Return the line containing "from_hex_to_hex = λ" and every line after it through the end of the entries below, with no other lines.

========

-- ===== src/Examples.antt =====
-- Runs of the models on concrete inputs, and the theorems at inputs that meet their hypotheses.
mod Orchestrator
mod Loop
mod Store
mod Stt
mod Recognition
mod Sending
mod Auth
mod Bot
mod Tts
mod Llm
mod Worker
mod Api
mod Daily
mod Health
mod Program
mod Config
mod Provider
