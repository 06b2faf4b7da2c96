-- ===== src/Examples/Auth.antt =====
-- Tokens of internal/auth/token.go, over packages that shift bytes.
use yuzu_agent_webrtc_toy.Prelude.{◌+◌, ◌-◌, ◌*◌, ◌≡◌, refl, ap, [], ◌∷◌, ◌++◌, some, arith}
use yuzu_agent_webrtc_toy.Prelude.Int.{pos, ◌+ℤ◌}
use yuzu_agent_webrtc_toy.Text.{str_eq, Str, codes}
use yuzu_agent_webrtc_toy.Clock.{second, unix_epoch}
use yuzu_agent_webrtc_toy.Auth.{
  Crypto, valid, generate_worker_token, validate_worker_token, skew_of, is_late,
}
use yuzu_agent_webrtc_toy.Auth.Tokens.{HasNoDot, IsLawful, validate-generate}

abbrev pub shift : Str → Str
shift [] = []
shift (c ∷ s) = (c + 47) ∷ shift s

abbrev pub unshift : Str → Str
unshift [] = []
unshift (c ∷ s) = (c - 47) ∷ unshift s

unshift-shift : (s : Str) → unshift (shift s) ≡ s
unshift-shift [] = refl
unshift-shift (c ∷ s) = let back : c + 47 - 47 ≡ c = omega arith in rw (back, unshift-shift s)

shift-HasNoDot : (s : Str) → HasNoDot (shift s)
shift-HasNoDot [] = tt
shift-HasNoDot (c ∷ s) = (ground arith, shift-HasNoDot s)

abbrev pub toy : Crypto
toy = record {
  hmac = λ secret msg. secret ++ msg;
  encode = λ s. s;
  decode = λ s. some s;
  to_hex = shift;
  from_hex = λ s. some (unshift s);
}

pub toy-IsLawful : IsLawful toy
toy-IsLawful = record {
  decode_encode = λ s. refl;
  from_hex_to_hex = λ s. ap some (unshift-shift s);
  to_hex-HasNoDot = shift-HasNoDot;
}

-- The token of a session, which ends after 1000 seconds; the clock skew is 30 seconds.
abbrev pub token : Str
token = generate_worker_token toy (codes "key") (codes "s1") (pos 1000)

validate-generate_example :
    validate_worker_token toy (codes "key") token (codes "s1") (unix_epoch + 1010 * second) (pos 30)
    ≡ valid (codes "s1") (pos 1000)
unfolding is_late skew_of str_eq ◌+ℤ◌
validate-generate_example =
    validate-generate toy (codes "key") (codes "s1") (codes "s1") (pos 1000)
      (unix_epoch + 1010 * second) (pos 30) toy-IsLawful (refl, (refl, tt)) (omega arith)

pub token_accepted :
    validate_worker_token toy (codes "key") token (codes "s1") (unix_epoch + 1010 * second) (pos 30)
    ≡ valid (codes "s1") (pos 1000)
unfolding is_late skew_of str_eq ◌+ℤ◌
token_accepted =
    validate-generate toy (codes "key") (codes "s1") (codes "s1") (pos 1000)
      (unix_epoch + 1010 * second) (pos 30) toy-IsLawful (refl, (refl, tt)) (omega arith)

========

— RESPONSE TO THIS TASK —
  from_hex_to_hex = λ s. ap some (unshift-shift s);
  to_hex-HasNoDot = shift-HasNoDot;
}

-- The token of a session, which ends after 1000 seconds; the clock skew is 30 seconds.
abbrev pub token : Str
token = generate_worker_token toy (codes "key") (codes "s1") (pos 1000)

validate-generate_example :
    validate_worker_token toy (codes "key") token (codes "s1") (unix_epoch + 1010 * second) (pos 30)
    ≡ valid (codes "s1") (pos 1000)
unfolding is_late skew_of str_eq ◌+ℤ◌
validate-generate_example =
    validate-generate toy (codes "key") (codes "s1") (codes "s1") (pos 1000)
      (unix_epoch + 1010 * second) (pos 30) toy-IsLawful (refl, (refl, tt)) (omega arith)

pub token_accepted :
    validate_worker_token toy (codes "key") token (codes "s1") (unix_epoch + 1010 * second) (pos 30)
    ≡ valid (codes "s1") (pos 1000)
unfolding is_late skew_of str_eq ◌+ℤ◌
token_accepted =
    validate-generate toy (codes "key") (codes "s1") (codes "s1") (pos 1000)
      (unix_epoch + 1010 * second) (pos 30) toy-IsLawful (refl, (refl, tt)) (omega arith)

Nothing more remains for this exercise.